WORK TASK: Copy word for word, please, the lines of the entries below running from the one containing "abbrev written : Lifecycle.System" to the one containing "waiting = record", both ends included.

ENTRIES SHOWN:

-----

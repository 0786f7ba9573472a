-- ===== src/StubListener.antt =====
-- stub-listener.go: the listener whose `Accept` blocks until it is closed, a channel listener on a
-- channel that nothing sends to.
use mathlib.Core.Path.{subst}
use point_c.Base.{
  ◌≡◌, refl, sym, ap, ◌∙◌, Bool, true, false, Option, some, List, [], ◌∷◌, ◌++◌, Bytes, codes,
  GoError, All, All-append, All-split, arith,
}
use point_c.ChannelListener.{
  Channel, Listener, Thread, swapping, swapped, selecting, accept_swapping, accept_swapped, loading,
  returned_conn, returned_err, returned, step, close_with_err, System, Step, run, send,
  close_channel, call_accept, call_close, Reach, here, next, new_listener,
}
use point_c.ChannelListener.Closing.{Reach-IsSound, Returns, step-selecting}

-- `stubAddr`: `Network` and `String`.
abbrev pub StubAddr : Type 0
StubAddr = Bytes

unfoldable pub stub_network : StubAddr → Bytes
stub_network d = codes "stub"

unfoldable pub stub_string : StubAddr → Bytes
stub_string d = d

-- `make(<-chan net.Conn)`: open and empty.
abbrev pub no_conns : Channel
no_conns = record { waiting = []; closed = false }

-- `StubListener`, for the address that it is given.
unfoldable pub stub_listener : Bytes → Listener × StubAddr
stub_listener addr = (new_listener no_conns, addr)

-- The steps of the listener's own goroutines and callers. Nobody else holds the channel, so that
-- nothing is sent to it, and it is not closed.
abbrev pub IsOwn : {s s' : System} → Step s s' → Type 0
IsOwn (run choice before after t s'' e e') = Unit {0}
IsOwn (send c s'' h e) = ⊥
IsOwn (close_channel s'' h e) = ⊥
IsOwn (call_accept s'' e) = Unit {0}
IsOwn (call_close x s'' e) = Unit {0}

pub data StubReach (s : System) : System → Type 0 where
  start : StubReach s s
  later : {t u : System} → StubReach s t → (st : Step t u) → IsOwn st → StubReach s u

-- The stub as it is returned.
abbrev pub stub_system : Bytes → System
stub_system addr = record { listener = (stub_listener addr).0; threads = [] }

StubReach-Reach : {s t : System} → StubReach s t → Reach s t
StubReach-Reach start = here
StubReach-Reach (later r st o) = next (StubReach-Reach r) st

-- A goroutine that the channel has not let go on.
abbrev Waits : Thread → Type 0
Waits (returned_conn c) = ⊥
Waits accept_swapping = ⊥
Waits accept_swapped = ⊥
Waits loading = ⊥
Waits _ = Unit {0}

step-Waits :
    (choice : Bool) (d : Listener) (t : Thread)
    → d.input ≡ no_conns
    → Waits t
    → ((step choice d t).0.input ≡ no_conns) × Waits (step choice d t).1
unfolding step
step-Waits choice d (swapping e) h w = ground arith
step-Waits choice d swapped h w = ground arith
step-Waits true d selecting h w = ground arith
step-Waits false d selecting h w =
    let e = step-selecting d h in
    (ap (λ r. r.0.input) e ∙ h, subst Waits (sym (ap (λ r. r.1) e)) tt)
step-Waits choice d accept_swapping h w = absurd w
step-Waits choice d accept_swapped h w = absurd w
step-Waits choice d loading h w = absurd w
step-Waits choice d (returned_conn x) h w = absurd w
step-Waits choice d (returned_err e) h w = (h, tt)
step-Waits choice d returned h w = (h, tt)

-- No goroutine has a connection, and what a call of `Accept` returned is the error of a `Close`.
abbrev pub IsBlocked : Option GoError → Thread → Type 0
IsBlocked stored (returned_conn c) = ⊥
IsBlocked stored (returned_err e) = stored ≡ some e
IsBlocked stored _ = Unit {0}

Waits-IsBlocked : (o : Option GoError) (t : Thread) → Waits t → Returns o t → IsBlocked o t
Waits-IsBlocked o (swapping e) w r = tt
Waits-IsBlocked o swapped w r = tt
Waits-IsBlocked o selecting w r = tt
Waits-IsBlocked o accept_swapping w r = tt
Waits-IsBlocked o accept_swapped w r = tt
Waits-IsBlocked o loading w r = tt
Waits-IsBlocked o (returned_conn c) w r = w
Waits-IsBlocked o (returned_err e) w r = r
Waits-IsBlocked o returned w r = tt

close-Waits : (x : Option GoError) → Waits (close_with_err x)
unfolding close_with_err
close-Waits x = tt

run-Waits :
    (choice : Bool) (d : Listener) (before after : List Thread) (t : Thread)
    → d.input ≡ no_conns
    → All Waits (before ++ t ∷ after)
    → ((step choice d t).0.input ≡ no_conns) × All Waits (before ++ (step choice d t).1 ∷ after)
run-Waits choice d before after t h w =
    let (l, m, r) = All-split Waits before after t w in
    let (same, still) = step-Waits choice d t h m in
    (same, All-append Waits before ((step choice d t).1 ∷ after) l (still, r))

-- The channel stays empty and open, and all goroutines wait.
abbrev IsQuiet : System → Type 0
IsQuiet s = (s.listener.input ≡ no_conns) × All Waits s.threads

Step-IsQuiet : (s s' : System) (st : Step s s') → IsOwn st → IsQuiet s → IsQuiet s'
Step-IsQuiet s s' (run choice before after t s'' e e') o (h, w) =
    subst IsQuiet (sym e') (run-Waits choice s.listener before after t h (subst (All Waits) e w))
Step-IsQuiet s s' (send c s'' h e) o v = absurd o
Step-IsQuiet s s' (close_channel s'' h e) o v = absurd o
Step-IsQuiet s s' (call_accept s'' e) o (h, w) = subst IsQuiet (sym e) (h, (tt, w))
Step-IsQuiet s s' (call_close x s'' e) o (h, w) = subst IsQuiet (sym e) (h, (close-Waits x, w))

StubReach-IsQuiet : (addr : Bytes) (s : System) → StubReach (stub_system addr) s → IsQuiet s
unfolding stub_listener new_listener
StubReach-IsQuiet addr s start = (refl, tt)
StubReach-IsQuiet addr s (later {t} r st o) = Step-IsQuiet t s st o (StubReach-IsQuiet addr t r)

All-both :
    (o : Option GoError) (ts : List Thread)
    → All Waits ts
    → All (Returns o) ts
    → All (IsBlocked o) ts
All-both o [] w r = tt
All-both o (t ∷ ts) (w, ws) (r, rs) = (Waits-IsBlocked o t w r, All-both o ts ws rs)

-- However often the stub is accepted on and closed, and however the goroutines interleave: no
-- `Accept` returns a connection, and one that returns an error returns the error that a `Close` has
-- stored, so that none returns before the first `Close`; nothing closes `done` twice.
pub StubReach-IsBlocked :
    (addr : Bytes) (s : System)
    → StubReach (stub_system addr) s
    → All (IsBlocked s.listener.close_err) s.threads × (s.listener.crashed ≡ false)
unfolding stub_listener
StubReach-IsBlocked addr s r =
    let (h, w) = StubReach-IsQuiet addr s r in
    let v = Reach-IsSound no_conns s (StubReach-Reach r) in
    (All-both s.listener.close_err s.threads w v.returns, v.safe)
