-- ===== src/Examples/Goroutines.antt =====
-- Goroutines that share a network device, a forwarded listener, an interface or a stub, at short
-- runs.
use mathlib.Core.List.{reverse}
use point_c.Base.{
  ◌≡◌, refl, true, false, some, List, [], ◌∷◌, ◌++◌, Bytes, codes, GoError, Option, none, join,
  Bool, new, All, length,
}
use point_c.Wg.Netstack.Lifecycle
use point_c.Wg.Netstack.Lifecycle.{
  Netstack, Task, closing, closing_done, starting_down, notified, sending, returned, reading,
  received, task_step, write_packet, call_read, call_close, run, started, finished,
}
use point_c.Wg.Netstack.Lifecycle.Intact
use point_c.Wg.Netstack.Lifecycle.Running.{IsIntact}
use point_c.Wg.Netstack.Lifecycle.Draining.{HasReturned}
use point_c.Wg.Netstack.Lifecycle.Ending
use point_c.Wg.Netstack.Lifecycle.Leaving.{HasEnded}
use point_c.Forward.Handler
use point_c.Forward.Handler.{Server, accepted, accept, cancel_context}
use point_c.Forward.Handler.Reached
use point_c.Forward.Handler.Closing
use point_c.Wg.Options.{Closer, close_device, device_down}
use point_c.Wg.Connection.Concurrent
use point_c.Wg.Connection.Concurrent.Sharing
use point_c.Wg.Connection.Concurrent.{
  entering, looping, loading, returned as returned_with, step, caller_step, enter, call_next,
}
use point_c.StubListener
use point_c.StubListener.{stub_system, StubReach, start, later, IsBlocked}
use point_c.ChannelListener
use point_c.ChannelListener.{call_accept, selecting}

-- The stack writes a packet and `WriteNotify` takes it.
abbrev p : Bytes
p = 69 ∷ 0 ∷ []

abbrev written : Lifecycle.System
written = record {
  device = record started { queue = p ∷ []; written = p ∷ [] };
  tasks = notified ∷ [];
  readers = [];
}

abbrev called : Lifecycle.System
called = record written { tasks = closing ∷ notified ∷ [] }

abbrev taken : Lifecycle.System
taken = record {
  device = (task_step called.device notified).0;
  tasks = closing ∷ (task_step called.device notified).1 ∷ [];
  readers = [];
}

abbrev waiting : Lifecycle.System
waiting = record taken { readers = reading ∷ [] }

taken_lem : (task_step called.device notified).1 ≡ sending p
unfolding task_step
taken_lem = refl

waiting_reached : Lifecycle.Reach Lifecycle.initial waiting
unfolding task_step
waiting_reached =
    Lifecycle.next
      (Lifecycle.next
        (Lifecycle.next (Lifecycle.next Lifecycle.here (write_packet p refl refl))
          (call_close refl))
        (run (closing ∷ []) [] notified refl refl))
      (call_read refl)

Reach-IsIntact_example : IsIntact waiting
Reach-IsIntact_example = Intact.Reach-IsIntact waiting waiting_reached

-- `Close` is called beside another call of it, a `WriteNotify` and a `Read`.
Reach-HasEnded_example :
    (s' : Lifecycle.System) × Lifecycle.Reach
      (record waiting { tasks = closing ∷ waiting.tasks })
      s'
    × All HasEnded s'.tasks
    × (length s'.readers ≡ 1)
    × All HasReturned s'.readers
    × (s'.device.is_done ≡ true)
    × (s'.device.close ≡ finished)
Reach-HasEnded_example = Ending.Reach-HasEnded waiting waiting_reached

-- A listener that has accepted a connection and is then stopped.
abbrev stopped : Server
stopped = record {
  finished = false;
  cancelled = true;
  handlers = record (accepted false) { cancelled = true } ∷ [];
}

stopped_reached : Handler.Reach Handler.initial stopped
stopped_reached = Handler.next (Handler.next Handler.here (accept refl refl)) (cancel_context refl)

Reach-IsSafe_example : Reached.IsSafe stopped
Reach-IsSafe_example = Reached.Reach-IsSafe stopped stopped_reached

Reach-IsOver_example :
    (s' : Server) × Handler.Reach stopped s'
    × (length s'.handlers ≡ 1)
    × All Closing.IsOver s'.handlers
Reach-IsOver_example = Closing.Reach-IsOver stopped stopped_reached refl

-- An interface with two closers, closed once.
abbrev run_closer : Closer → Option GoError
run_closer c = some (new "busy")

abbrev closers : List Closer
closers = close_device ∷ device_down ∷ []

-- One call has run the first closer, and another has lost the compare-and-swap and returned.
abbrev lost : Concurrent.System run_closer
lost = record {
  shared = record {
    is_set = true;
    err = join none (some (new "busy"));
    pending = close_device ∷ [];
    called = device_down ∷ [];
  };
  callers = returned_with false (join none (some (new "busy"))) ∷ looping ∷ [];
}

lost_reached : Concurrent.Reach run_closer (Concurrent.opened run_closer closers) lost
unfolding caller_step enter call_next
lost_reached =
    Concurrent.next
      (Concurrent.next
        (Concurrent.next
          (Concurrent.next
            (Concurrent.next (Concurrent.next Concurrent.here (Concurrent.call refl))
              (step [] [] entering refl refl))
            (Concurrent.call refl))
          (step (entering ∷ []) [] looping refl refl))
        (step [] (looping ∷ []) entering refl refl))
      (step [] (looping ∷ []) (loading false) refl refl)

Reach-Told_example :
    (lost.shared.called ++ lost.shared.pending ≡ reverse closers)
    × All (Sharing.Told run_closer closers) lost.callers
    × ((first : Bool)
        → caller_step run_closer lost.shared (loading first)
          ≡ (lost.shared, returned_with first (Sharing.joined run_closer lost.shared.called none)))
Reach-Told_example = Sharing.Reach-Told run_closer closers lost lost_reached

-- A stub with a goroutine in `Accept`.
abbrev accepting : ChannelListener.System
accepting = record (stub_system (codes "a")) { threads = selecting ∷ [] }

StubReach-IsBlocked_example :
    All (IsBlocked accepting.listener.close_err) accepting.threads
    × (accepting.listener.crashed ≡ false)
StubReach-IsBlocked_example =
    StubListener.StubReach-IsBlocked (codes "a") accepting
      (later start (call_accept accepting refl) tt)
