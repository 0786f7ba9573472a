-- ===== src/MultiWrapper.antt =====
-- merge-listener-wrapper.go: several listeners are merged into one.
pub mod Listen
pub mod Cleanup
use point_c.Base.{
  ℕ, ◌+◌, ◌≡◌, refl, Bool, true, false, Option, none, some, List, [], ◌∷◌, ◌++◌, Bytes, codes,
  GoError, new, Result, ok, err, panic, join, inl, inr,
}
use point_c.Caddyfile.{Line, Directive, Tokens, LoadModule}

-- A value of the interface net.Listener.
abbrev pub ListenerId : Type 0
ListenerId = ℕ

-- `MultiWrapper`; `conns` says whether the channel has been made.
pub record MultiWrapper : Type 0 where
  pub listener_raw : Option (List Bytes)
  pub listeners : List ListenerId
  pub conns : Bool

-- `MultiWrapper{}`.
abbrev pub zero_wrapper : MultiWrapper
zero_wrapper = record { listener_raw = none; listeners = []; conns = false }

-- What `ctx.LoadModule` gives: for each module a listener, or a value that is none.
pub data Module : Type 0 where
  listener : ListenerId → Module
  other : Module

-- The assertions `ls.(net.Listener)`; a module that is no listener is a panic.
assert_listeners : List Module → Result (List ListenerId)
assert_listeners [] = ok []
assert_listeners (other ∷ ms) = panic
assert_listeners (listener l ∷ ms) = elim (assert_listeners ms) [
  | ok ls ↦ ok (l ∷ ls)
  | err e ↦ err e
  | panic ↦ panic
]

provision_loaded : MultiWrapper → Result (List Module) → Result (MultiWrapper × Option GoError)
unfolding assert_listeners
provision_loaded p (err e) = ok (p, some e)
provision_loaded p panic = panic
provision_loaded p (ok ms) = elim (assert_listeners ms) [
  | ok ls ↦ ok (record p { listeners = ls; conns = true }, none)
  | err e ↦ err e
  | panic ↦ panic
]

-- `Provision`, with the result of `ctx.LoadModule(p, "ListenerRaw")` given.
unfoldable pub provision :
    MultiWrapper → Result (List Module) → Result (MultiWrapper × Option GoError)
unfolding provision_loaded
provision p loaded = elim p.listener_raw [
  | none ↦ ok (p, some (new "no listener provided"))
  | some _ ↦ provision_loaded p loaded
]

-- The loop of `Cleanup`: the listeners closed so far, in order, and the joined error.
close_all :
    (ListenerId → Option GoError)
    → List ListenerId
    → List ListenerId
    → Option GoError
    → List ListenerId × Option GoError
close_all close_listener [] closed e = (closed, e)
close_all close_listener (l ∷ ls) closed e =
    close_all close_listener ls (closed ++ l ∷ []) (join e (close_listener l))

-- `Cleanup`, with the result of each listener's `Close` given: the wrapper, the listeners that were
-- closed, in order, and the error.
unfoldable pub cleanup :
    (ListenerId → Option GoError) → MultiWrapper → MultiWrapper × List ListenerId × Option GoError
unfolding close_all
cleanup close_listener p =
    let (closed, e) = close_all close_listener p.listeners [] none in (zero_wrapper, closed, e)

-- `WrapListener`: the wrapper, and the listeners for which it starts a goroutine `listen`.
unfoldable pub wrap_listener : MultiWrapper → ListenerId → MultiWrapper × List ListenerId
wrap_listener p ls =
    let listeners = p.listeners ++ ls ∷ [] in (record p { listeners = listeners }, listeners)

-- `append(p.ListenerRaw, raw)`.
append_raw : Option (List Bytes) → Bytes → Option (List Bytes)
append_raw none raw = some (raw ∷ [])
append_raw (some rs) raw = some (rs ++ raw ∷ [])

-- The loop of `UnmarshalCaddyfile` over the lines of one block.
unmarshal_block : LoadModule → MultiWrapper → List Line → MultiWrapper × Option GoError
unfolding append_raw
unmarshal_block load p [] = (p, none)
unmarshal_block load p (l ∷ ls) =
    elim (load (codes "caddy.listeners.multi.listeners." ++ l.head) l) [
      | inl raw ↦
          unmarshal_block load (record p { listener_raw = append_raw p.listener_raw raw }) ls
      | inr e ↦ (p, some e)
    ]

-- `UnmarshalCaddyfile`.
unfoldable pub unmarshal_caddyfile :
    LoadModule → MultiWrapper → Tokens → MultiWrapper × Option GoError
unfolding unmarshal_block
unmarshal_caddyfile load p [] = (p, none)
unmarshal_caddyfile load p (d ∷ ds) =
    let (p', e) = unmarshal_block load p d.block in
    elim e [ some x ↦ (p', some x) | none ↦ unmarshal_caddyfile load p' ds ]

-----

REPLY TO THE TASK:
abbrev written : Lifecycle.System
written = record {
  device = record started { queue = p ∷ []; written = p ∷ [] };
  tasks = notified ∷ [];
  readers = [];
}

abbrev called : Lifecycle.System
called = record written { tasks = closing ∷ notified ∷ [] }

abbrev taken : Lifecycle.System
taken = record {
  device = (task_step called.device notified).0;
  tasks = closing ∷ (task_step called.device notified).1 ∷ [];
  readers = [];
}

abbrev waiting : Lifecycle.System
waiting = record taken { readers = reading ∷ [] }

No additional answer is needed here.